Member of the Lok Sabha
- In office 1 September 1996 – 2004
- Preceded by: Binod Bihari Mahato
- Succeeded by: Tek Lal Mahto
- Constituency: Giridih
- In office 2009–2019
- Preceded by: Tek Lal Mahto
- Succeeded by: Chandra Prakash Choudhary
- Constituency: Giridih

Personal details
- Born: 20 January 1959 (age 67) Ghutiatand, Bokaro
- Party: Bharatiya Janata Party
- Spouse: Smt. Laxmi Pandey
- Children: 5, Vikram Pandey(included)
- Occupation: Businessperson
- Website: https://ravinderkumar.in

= Ravindra Kumar Pandey =

Indian politician

Ravindra Kumar Pandey (born 20 January 1959; /hi/) is an Indian politician belonging to Bharatiya Janata Party. He was a member of the Indian Parliament, representing Giridih (Lok Sabha constituency).

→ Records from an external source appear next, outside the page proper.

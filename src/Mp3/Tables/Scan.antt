-- ===== src/Mp3/Tables/Scan.antt =====
-- A scan of a table of frame names, and tables whose names ascend.
use tracker_miners.Base.{
  ℕ, zero, suc, ◌≤◌, ◌<◌, ◌≡◌, refl, Bool, true, false, ◌&&◌, none, some, List, [], ◌∷◌, nat_eq,
  ltb, arith, length, get_elem?,
}

module _ {A : Type 0} where
  -- the frame of the first entry with the name
  abbrev pub scan_frames : A → List (ℕ × A) → ℕ → A
  scan_frames unknown [] name = unknown
  scan_frames unknown (e ∷ table) name = elim (nat_eq e.0 name) [
    | true ↦ e.1
    | false ↦ scan_frames unknown table name
  ]

  -- the names ascend, and are above `k`
  abbrev pub ascends : ℕ → List (ℕ × A) → Bool
  ascends k [] = true
  ascends k (e ∷ table) = ltb k e.0 && ascends e.0 table

  pub ascends-above :
      (k : ℕ) (table : List (ℕ × A)) (i : ℕ) (a : ℕ × A)
      → ascends k table ≡ true
      → get_elem? table i ≡ some a
      → k < a.0
  ascends-above k [] i a h g = absurd (ground (arith, g))
  ascends-above k (e ∷ table) zero a h g = ground arith
  ascends-above k (e ∷ table) (suc i) a h g = ground (arith, ascends-above e.0 table i a)

  pub ascends-order :
      (k : ℕ) (table : List (ℕ × A)) (i j : ℕ) (a b : ℕ × A)
      → ascends k table ≡ true
      → i < j
      → get_elem? table i ≡ some a
      → get_elem? table j ≡ some b
      → a.0 < b.0
  ascends-order k [] i j a b h l g f = absurd (ground (arith, g))
  ascends-order k (e ∷ table) i zero a b h l g f = absurd (omega arith)
  ascends-order k (e ∷ table) zero (suc j) a b h l g f = ground (arith, ascends-above e.0 table j b)
  ascends-order k (e ∷ table) (suc i) (suc j) a b h l g f =
      ground (arith, ascends-order e.0 table i j a b)

  abbrev pub IsAbsent : List (ℕ × A) → ℕ → Type 0
  IsAbsent table name = (i : ℕ) (a : ℕ × A) → get_elem? table i ≡ some a → nat_eq a.0 name ≡ false

  pub scan_frames-absent :
      (unknown : A) (table : List (ℕ × A)) (name : ℕ)
      → IsAbsent table name
      → scan_frames unknown table name ≡ unknown
  scan_frames-absent unknown [] name h = refl
  scan_frames-absent unknown (e ∷ table) name h =
      rw (scan_frames, h 0 e refl) (scan_frames-absent unknown table name (λ i. h (suc i)))

  pub scan_frames-present :
      (unknown : A) (k : ℕ) (table : List (ℕ × A)) (name i : ℕ) (a : ℕ × A)
      → ascends k table ≡ true
      → get_elem? table i ≡ some a
      → nat_eq a.0 name ≡ true
      → scan_frames unknown table name ≡ a.1
  scan_frames-present unknown k [] name i a h g n = absurd (ground (arith, g))
  scan_frames-present unknown k (e ∷ table) name zero a h g n = ground arith
  scan_frames-present unknown k (e ∷ table) name (suc i) a h g n =
      ground (arith, ascends-above e.0 table i a, scan_frames-present unknown e.0 table name i a)

  pub get_elem?-in :
      (table : List (ℕ × A)) (i : ℕ) → i < length table → (a : ℕ × A) × (get_elem? table i ≡ some a)
  get_elem?-in [] i h = absurd (omega arith)
  get_elem?-in (x ∷ xs) zero h = (x, refl)
  get_elem?-in (x ∷ xs) (suc i) h = get_elem?-in xs i (omega arith)

  pub get_elem?-out : (table : List (ℕ × A)) (i : ℕ) → length table ≤ i → get_elem? table i ≡ none
  get_elem?-out [] i h = refl
  get_elem?-out (x ∷ xs) zero h = absurd (omega arith)
  get_elem?-out (x ∷ xs) (suc i) h = get_elem?-out xs i (omega arith)
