-- ===== src/Mp3/Tables/Lookup.antt =====
-- The binary searches for a frame's name, against a scan of the table from its start.
use tracker_miners.Base.{
  order, ℕ, zero, suc, ◌+◌, ◌-◌, ◌/◌, ◌≤◌, ◌<◌, ◌≡◌, refl, ap, sym, subst, true, inl, inr, ◌⊎◌,
  some, List, nat_eq, arith, length, get_elem?,
}
use tracker_miners.Mp3.{Outcome, ok}
use tracker_miners.Mp3.Tables.{
  id3v24_unknown, id3v24_frames, id3v2_unknown, id3v2_frames, search_frames, get_frame,
  id3v24_get_frame, id3v2_get_frame, frame_at,
}
use tracker_miners.Mp3.Tables.Scan.{
  scan_frames, ascends, ascends-order, IsAbsent, scan_frames-absent, scan_frames-present,
  get_elem?-in, get_elem?-out,
}

trichotomy : (a b : ℕ) → (a < b) ⊎ (a ≡ b) ⊎ (b < a)
trichotomy a b = ground arith

module _ {A : Type 0} where
  -- what the loop ends with: an entry that has the name, or any one when none has it
  abbrev Answers : List (ℕ × A) → ℕ → Outcome (ℕ × A) → Type 0
  Answers table name o =
      (e : ℕ × A) × (i : ℕ) × (o ≡ ok e)
      × (get_elem? table i ≡ some e)
      × ((nat_eq e.0 name ≡ true) ⊎ IsAbsent table name)

  abbrev IsBelow : List (ℕ × A) → ℕ → ℕ → Type 0
  IsBelow table name l = (i : ℕ) (a : ℕ × A) → i < l → get_elem? table i ≡ some a → a.0 < name

  abbrev IsAbove : List (ℕ × A) → ℕ → ℕ → Type 0
  IsAbove table name end = (i : ℕ) (a : ℕ × A) → end ≤ i → get_elem? table i ≡ some a → name < a.0

  IsAbove-entry :
      (k : ℕ) (table : List (ℕ × A)) (name m : ℕ) (e : ℕ × A)
      → ascends k table ≡ true
      → get_elem? table m ≡ some e
      → name < e.0
      → IsAbove table name m
  IsAbove-entry k table name m e s g h i a le f = ground (arith, ascends-order k table m i e a)

  IsBelow-entry :
      (k : ℕ) (table : List (ℕ × A)) (name m : ℕ) (e : ℕ × A)
      → ascends k table ≡ true
      → get_elem? table m ≡ some e
      → e.0 < name
      → IsBelow table name (m + 1)
  IsBelow-entry k table name m e s g h i a le f = ground (arith, ascends-order k table i m a e)

  IsAbsent-between :
      (table : List (ℕ × A)) (name l end : ℕ)
      → IsBelow table name l
      → IsAbove table name end
      → end ≤ l
      → IsAbsent table name
  IsAbsent-between table name l end below above h i a g = ground (arith, below i a, above i a)

  module _ (fuel : ℕ) (table : List (ℕ × A)) (name l end m : ℕ) (e : ℕ × A) where
    search_frames_left :
        m ≡ (l + end - 1) / 2
        → get_elem? table m ≡ some e
        → name < e.0
        → l < m
        → search_frames (suc fuel) table name l end ≡ search_frames fuel table name l m
    unfolding search_frames
    search_frames_left eq g h k = ground arith

    search_frames_right :
        m ≡ (l + end - 1) / 2
        → get_elem? table m ≡ some e
        → e.0 < name
        → m + 1 < end
        → search_frames (suc fuel) table name l end ≡ search_frames fuel table name (m + 1) end
    unfolding search_frames
    search_frames_right eq g h k = ground arith

    search_frames_stop :
        m ≡ (l + end - 1) / 2
        → get_elem? table m ≡ some e
        → (e.0 ≡ name) ⊎ ((name < e.0) × (m ≤ l)) ⊎ ((e.0 < name) × (end ≤ m + 1))
        → search_frames (suc fuel) table name l end ≡ ok e
    unfolding search_frames
    search_frames_stop eq g h = ground arith

  search_frames-Answers :
      (fuel k : ℕ) (table : List (ℕ × A)) (name l end : ℕ)
      → ascends k table ≡ true
      → IsBelow table name l
      → IsAbove table name end
      → l < end
      → end ≤ length table
      → end ≤ l + fuel
      → Answers table name (search_frames fuel table name l end)
  unfolding search_frames
  search_frames-Answers zero k table name l end s below above le len f = absurd (omega arith)
  search_frames-Answers (suc fuel) k table name l end s below above le len f =
      let m = (l + end - 1) / 2 in
      let (e, g) = get_elem?-in table m (omega arith) in
      elim (trichotomy name e.0) [
        | inl less ↦ elim (order l m) [
          | inl more ↦
              subst (Answers table name)
                (sym (search_frames_left fuel table name l end m e refl g less more))
                (search_frames-Answers fuel k table name l m s below
                  (IsAbove-entry k table name m e s g less) more (omega arith) (omega arith))
          | inr done ↦ (
            e,
            m,
            search_frames_stop fuel table name l end m e refl g (inr (inl (less, done))),
            g,
            inr (
                IsAbsent-between table name l m below (IsAbove-entry k table name m e s g less)
                  done),
          )
        ]
        | inr (inl same) ↦ (
          e,
          m,
          search_frames_stop fuel table name l end m e refl g (inl (sym same)),
          g,
          inl (ground arith),
        )
        | inr (inr more) ↦ elim (order (m + 1) end) [
          | inl left ↦
              subst (Answers table name)
                (sym (search_frames_right fuel table name l end m e refl g more left))
                (search_frames-Answers fuel k table name (m + 1) end s
                  (IsBelow-entry k table name m e s g more) above left len (omega arith))
          | inr done ↦ (
            e,
            m,
            search_frames_stop fuel table name l end m e refl g (inr (inr (more, done))),
            g,
            inr (
                IsAbsent-between table name (m + 1) end (IsBelow-entry k table name m e s g more)
                  above done),
          )
        ]
      ]

  frame_at-scan_frames :
      (unknown : A) (table : List (ℕ × A)) (name : ℕ) (e : ℕ × A) (i : ℕ)
      → ascends 0 table ≡ true
      → get_elem? table i ≡ some e
      → (nat_eq e.0 name ≡ true) ⊎ IsAbsent table name
      → frame_at unknown name e ≡ scan_frames unknown table name
  frame_at-scan_frames unknown table name e i s g (inl same) =
      rw (frame_at, same) (sym (scan_frames-present unknown 0 table name i e s g same))
  frame_at-scan_frames unknown table name e i s g (inr absent) =
      rw (frame_at, absent i e g) (sym (scan_frames-absent unknown table name absent))

  -- A search through a table whose names ascend finds what the scan finds.
  get_frame-scan_frames :
      (unknown : A) (table : List (ℕ × A)) (name : ℕ)
      → ascends 0 table ≡ true
      → 0 < length table
      → get_frame unknown table name ≡ ok (scan_frames unknown table name)
  unfolding get_frame
  get_frame-scan_frames unknown table name s h =
      let (e, i, eq, g, o) =
        search_frames-Answers (length table) 0 table name 0 (length table) s
          (λ i a l. absurd (omega arith))
          (λ i a l f. absurd (ground (arith, get_elem?-out table i))) h (omega arith)
          (omega arith) in
      rw eq (ap ok (frame_at-scan_frames unknown table name e i s g o))

-- The search for a frame's name by halving the table id3v24_frames finds what a scan of the table from
-- its start finds, for every name, and reads no entry outside of the table.
pub id3v24_get_frame-scan_frames :
    (name : ℕ) → id3v24_get_frame name ≡ ok (scan_frames id3v24_unknown id3v24_frames name)
unfolding id3v24_frames
id3v24_get_frame-scan_frames name =
    get_frame-scan_frames id3v24_unknown id3v24_frames name refl (omega arith)

-- The search for a frame's name by halving the table id3v2_frames finds what a scan of the table from
-- its start finds, for every name, and reads no entry outside of the table.
pub id3v2_get_frame-scan_frames :
    (name : ℕ) → id3v2_get_frame name ≡ ok (scan_frames id3v2_unknown id3v2_frames name)
unfolding id3v2_frames
id3v2_get_frame-scan_frames name =
    get_frame-scan_frames id3v2_unknown id3v2_frames name refl (omega arith)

He was denied ticket in the 2019 Lok Sabha election as the seat was given to AJSU's Chandraprakash Choudhary, who won the election thus being first Lok Sabha member from AJSU.

== Biography ==

His father was late Krishna Murari Pandey, and his mother is Ramdulari Devi. He is a Bhumihar born in a place called Ghutiatand, in Bokaro district, Jharkhand state, India. He holds a bachelor's degree, and was educated at K. B. College, Bermo. He is married to Laxmi Pandey, and has three sons and two daughters. He has been M.P. from Giridih for 5 terms. He defeated Jagannath Mahto in 2014 Lok Sabha elections. He is a native from Tamsi of Aurangabad district of Bihar.